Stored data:
┌──
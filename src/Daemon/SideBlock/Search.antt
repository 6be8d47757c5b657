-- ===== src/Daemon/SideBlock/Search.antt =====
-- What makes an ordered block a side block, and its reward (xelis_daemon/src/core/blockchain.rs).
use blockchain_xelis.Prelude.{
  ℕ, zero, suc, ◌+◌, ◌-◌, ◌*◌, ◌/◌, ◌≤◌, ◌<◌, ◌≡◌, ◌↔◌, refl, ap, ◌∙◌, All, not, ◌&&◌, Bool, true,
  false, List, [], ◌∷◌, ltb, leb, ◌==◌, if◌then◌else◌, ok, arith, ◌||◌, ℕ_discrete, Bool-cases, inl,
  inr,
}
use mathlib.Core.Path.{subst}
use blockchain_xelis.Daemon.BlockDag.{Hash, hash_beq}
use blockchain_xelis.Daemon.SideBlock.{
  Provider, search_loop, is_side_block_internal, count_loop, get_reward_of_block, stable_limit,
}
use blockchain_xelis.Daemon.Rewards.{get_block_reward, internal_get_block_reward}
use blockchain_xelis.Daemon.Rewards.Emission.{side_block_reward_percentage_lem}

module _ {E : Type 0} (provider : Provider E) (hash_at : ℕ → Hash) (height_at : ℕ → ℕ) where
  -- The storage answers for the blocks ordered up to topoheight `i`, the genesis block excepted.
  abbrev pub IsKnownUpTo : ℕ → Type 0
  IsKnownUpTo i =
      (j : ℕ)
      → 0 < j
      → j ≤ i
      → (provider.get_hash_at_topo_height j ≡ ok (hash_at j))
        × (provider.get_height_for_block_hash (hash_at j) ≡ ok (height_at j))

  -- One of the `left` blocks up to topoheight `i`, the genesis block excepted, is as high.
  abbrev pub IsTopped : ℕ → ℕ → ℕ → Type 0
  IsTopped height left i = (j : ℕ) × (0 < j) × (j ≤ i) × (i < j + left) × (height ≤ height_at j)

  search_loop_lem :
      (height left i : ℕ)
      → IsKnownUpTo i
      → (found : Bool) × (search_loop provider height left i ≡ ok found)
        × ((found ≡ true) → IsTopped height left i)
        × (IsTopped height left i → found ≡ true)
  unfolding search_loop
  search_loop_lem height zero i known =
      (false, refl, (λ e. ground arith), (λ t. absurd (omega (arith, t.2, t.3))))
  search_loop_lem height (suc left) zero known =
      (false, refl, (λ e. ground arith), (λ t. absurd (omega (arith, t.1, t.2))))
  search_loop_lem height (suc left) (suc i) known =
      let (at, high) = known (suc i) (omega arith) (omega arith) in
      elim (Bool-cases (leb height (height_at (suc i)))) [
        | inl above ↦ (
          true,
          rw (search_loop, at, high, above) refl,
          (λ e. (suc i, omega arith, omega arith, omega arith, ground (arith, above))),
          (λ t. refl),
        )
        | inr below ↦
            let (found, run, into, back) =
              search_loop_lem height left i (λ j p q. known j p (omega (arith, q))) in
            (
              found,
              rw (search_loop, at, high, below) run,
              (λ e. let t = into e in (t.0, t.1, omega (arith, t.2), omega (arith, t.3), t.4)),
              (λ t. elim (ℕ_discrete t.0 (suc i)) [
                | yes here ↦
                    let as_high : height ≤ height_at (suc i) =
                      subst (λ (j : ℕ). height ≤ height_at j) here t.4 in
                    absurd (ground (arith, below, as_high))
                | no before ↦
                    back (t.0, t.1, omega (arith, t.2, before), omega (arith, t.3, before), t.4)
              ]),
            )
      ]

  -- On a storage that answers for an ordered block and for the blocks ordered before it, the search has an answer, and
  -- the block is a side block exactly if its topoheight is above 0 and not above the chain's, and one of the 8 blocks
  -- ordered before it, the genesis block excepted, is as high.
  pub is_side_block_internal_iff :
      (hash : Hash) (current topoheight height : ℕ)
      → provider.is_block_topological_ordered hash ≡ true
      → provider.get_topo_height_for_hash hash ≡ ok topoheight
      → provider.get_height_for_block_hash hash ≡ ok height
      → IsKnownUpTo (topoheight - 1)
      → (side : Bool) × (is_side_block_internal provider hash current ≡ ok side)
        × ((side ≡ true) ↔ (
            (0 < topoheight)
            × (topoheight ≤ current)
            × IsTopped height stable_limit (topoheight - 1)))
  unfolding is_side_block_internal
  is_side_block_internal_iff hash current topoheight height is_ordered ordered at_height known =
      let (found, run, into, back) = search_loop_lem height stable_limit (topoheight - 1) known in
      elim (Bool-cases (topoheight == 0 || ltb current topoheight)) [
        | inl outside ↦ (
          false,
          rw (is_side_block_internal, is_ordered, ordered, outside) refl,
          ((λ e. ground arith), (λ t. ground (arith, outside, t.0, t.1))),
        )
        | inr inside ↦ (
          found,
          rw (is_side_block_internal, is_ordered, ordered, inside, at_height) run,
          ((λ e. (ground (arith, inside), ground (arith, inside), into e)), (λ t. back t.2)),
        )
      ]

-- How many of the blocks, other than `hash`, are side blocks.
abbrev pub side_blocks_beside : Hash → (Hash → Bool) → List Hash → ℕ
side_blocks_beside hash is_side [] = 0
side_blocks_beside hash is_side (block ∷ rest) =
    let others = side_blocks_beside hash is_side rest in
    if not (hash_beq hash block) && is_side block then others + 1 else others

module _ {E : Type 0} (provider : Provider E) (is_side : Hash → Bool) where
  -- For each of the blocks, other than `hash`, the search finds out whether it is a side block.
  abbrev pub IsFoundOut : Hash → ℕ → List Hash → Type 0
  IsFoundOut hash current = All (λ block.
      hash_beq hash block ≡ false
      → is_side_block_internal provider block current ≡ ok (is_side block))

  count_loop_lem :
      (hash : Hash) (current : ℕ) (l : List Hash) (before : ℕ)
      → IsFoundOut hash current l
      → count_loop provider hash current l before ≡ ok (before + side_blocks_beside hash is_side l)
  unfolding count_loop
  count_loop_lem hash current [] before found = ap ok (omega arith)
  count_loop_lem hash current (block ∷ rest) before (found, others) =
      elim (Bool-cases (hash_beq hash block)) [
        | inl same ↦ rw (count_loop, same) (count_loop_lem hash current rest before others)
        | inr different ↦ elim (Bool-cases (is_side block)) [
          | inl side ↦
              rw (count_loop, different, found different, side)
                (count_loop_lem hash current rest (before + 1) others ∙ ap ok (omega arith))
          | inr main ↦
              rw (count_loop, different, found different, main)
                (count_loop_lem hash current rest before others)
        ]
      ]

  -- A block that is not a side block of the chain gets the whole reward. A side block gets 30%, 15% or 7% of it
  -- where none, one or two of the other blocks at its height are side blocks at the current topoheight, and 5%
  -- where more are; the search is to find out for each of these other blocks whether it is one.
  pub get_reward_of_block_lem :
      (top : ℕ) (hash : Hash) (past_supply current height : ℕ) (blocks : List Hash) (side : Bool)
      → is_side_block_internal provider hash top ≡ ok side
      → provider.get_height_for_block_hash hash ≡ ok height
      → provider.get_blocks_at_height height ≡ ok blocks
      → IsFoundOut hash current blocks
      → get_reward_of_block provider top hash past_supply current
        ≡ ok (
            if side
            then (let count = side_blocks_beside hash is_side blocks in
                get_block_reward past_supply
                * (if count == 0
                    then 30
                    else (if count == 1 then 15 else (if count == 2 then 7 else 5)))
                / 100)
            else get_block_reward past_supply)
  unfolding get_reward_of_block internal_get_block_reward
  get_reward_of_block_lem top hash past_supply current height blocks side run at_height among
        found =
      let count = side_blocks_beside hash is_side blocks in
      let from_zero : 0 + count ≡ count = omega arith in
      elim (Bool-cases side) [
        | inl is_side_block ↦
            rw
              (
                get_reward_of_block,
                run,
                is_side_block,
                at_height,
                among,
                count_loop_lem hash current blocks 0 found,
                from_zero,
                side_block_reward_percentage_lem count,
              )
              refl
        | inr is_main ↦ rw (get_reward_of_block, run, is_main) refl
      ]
└──
┌──
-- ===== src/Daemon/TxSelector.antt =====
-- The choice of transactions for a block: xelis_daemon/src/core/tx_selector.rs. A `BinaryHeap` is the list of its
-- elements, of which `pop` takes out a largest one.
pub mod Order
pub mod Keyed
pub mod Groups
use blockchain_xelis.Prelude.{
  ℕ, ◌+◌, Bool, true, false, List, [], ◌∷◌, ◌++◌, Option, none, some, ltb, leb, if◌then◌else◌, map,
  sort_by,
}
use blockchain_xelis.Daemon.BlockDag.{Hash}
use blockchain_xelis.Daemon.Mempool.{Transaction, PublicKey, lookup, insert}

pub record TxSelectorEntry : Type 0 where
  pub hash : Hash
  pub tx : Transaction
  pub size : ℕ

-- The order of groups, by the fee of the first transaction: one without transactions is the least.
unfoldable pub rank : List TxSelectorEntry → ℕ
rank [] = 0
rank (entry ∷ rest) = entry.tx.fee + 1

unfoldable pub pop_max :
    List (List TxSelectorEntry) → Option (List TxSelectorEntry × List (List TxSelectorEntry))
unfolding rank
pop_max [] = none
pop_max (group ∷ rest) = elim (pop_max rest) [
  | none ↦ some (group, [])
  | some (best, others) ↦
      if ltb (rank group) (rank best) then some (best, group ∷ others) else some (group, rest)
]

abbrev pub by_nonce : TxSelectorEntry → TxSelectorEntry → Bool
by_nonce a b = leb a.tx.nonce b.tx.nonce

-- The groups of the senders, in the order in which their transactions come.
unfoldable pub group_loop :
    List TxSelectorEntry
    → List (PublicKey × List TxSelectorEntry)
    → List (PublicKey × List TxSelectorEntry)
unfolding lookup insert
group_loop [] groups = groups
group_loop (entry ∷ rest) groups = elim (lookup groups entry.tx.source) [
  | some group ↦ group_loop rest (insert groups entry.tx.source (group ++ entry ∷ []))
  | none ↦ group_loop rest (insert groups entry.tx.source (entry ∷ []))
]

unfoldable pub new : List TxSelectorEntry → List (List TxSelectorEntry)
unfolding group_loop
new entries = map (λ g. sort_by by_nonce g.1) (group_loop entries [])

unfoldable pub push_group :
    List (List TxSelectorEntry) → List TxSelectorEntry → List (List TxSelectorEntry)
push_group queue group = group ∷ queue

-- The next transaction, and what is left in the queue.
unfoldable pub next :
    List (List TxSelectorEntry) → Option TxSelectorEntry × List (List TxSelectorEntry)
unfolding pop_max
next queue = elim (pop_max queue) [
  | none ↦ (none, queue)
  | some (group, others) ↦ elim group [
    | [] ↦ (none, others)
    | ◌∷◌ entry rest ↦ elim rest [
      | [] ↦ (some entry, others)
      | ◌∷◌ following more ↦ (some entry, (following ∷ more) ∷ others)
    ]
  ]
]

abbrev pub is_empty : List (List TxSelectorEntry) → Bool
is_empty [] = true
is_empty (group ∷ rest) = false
└──
Task brief: Where the data above reaches the line holding "IsFoundOut hash current l", begin printing, and stop after the line holding "unfolding get_reward_of_block internal_get_block_reward". Each line must be reproduced exactly, with nothing else added.

Your solution:
      → IsFoundOut hash current l
      → count_loop provider hash current l before ≡ ok (before + side_blocks_beside hash is_side l)
  unfolding count_loop
  count_loop_lem hash current [] before found = ap ok (omega arith)
  count_loop_lem hash current (block ∷ rest) before (found, others) =
      elim (Bool-cases (hash_beq hash block)) [
        | inl same ↦ rw (count_loop, same) (count_loop_lem hash current rest before others)
        | inr different ↦ elim (Bool-cases (is_side block)) [
          | inl side ↦
              rw (count_loop, different, found different, side)
                (count_loop_lem hash current rest (before + 1) others ∙ ap ok (omega arith))
          | inr main ↦
              rw (count_loop, different, found different, main)
                (count_loop_lem hash current rest before others)
        ]
      ]

  -- A block that is not a side block of the chain gets the whole reward. A side block gets 30%, 15% or 7% of it
  -- where none, one or two of the other blocks at its height are side blocks at the current topoheight, and 5%
  -- where more are; the search is to find out for each of these other blocks whether it is one.
  pub get_reward_of_block_lem :
      (top : ℕ) (hash : Hash) (past_supply current height : ℕ) (blocks : List Hash) (side : Bool)
      → is_side_block_internal provider hash top ≡ ok side
      → provider.get_height_for_block_hash hash ≡ ok height
      → provider.get_blocks_at_height height ≡ ok blocks
      → IsFoundOut hash current blocks
      → get_reward_of_block provider top hash past_supply current
        ≡ ok (
            if side
            then (let count = side_blocks_beside hash is_side blocks in
                get_block_reward past_supply
                * (if count == 0
                    then 30
                    else (if count == 1 then 15 else (if count == 2 then 7 else 5)))
                / 100)
            else get_block_reward past_supply)
  unfolding get_reward_of_block internal_get_block_reward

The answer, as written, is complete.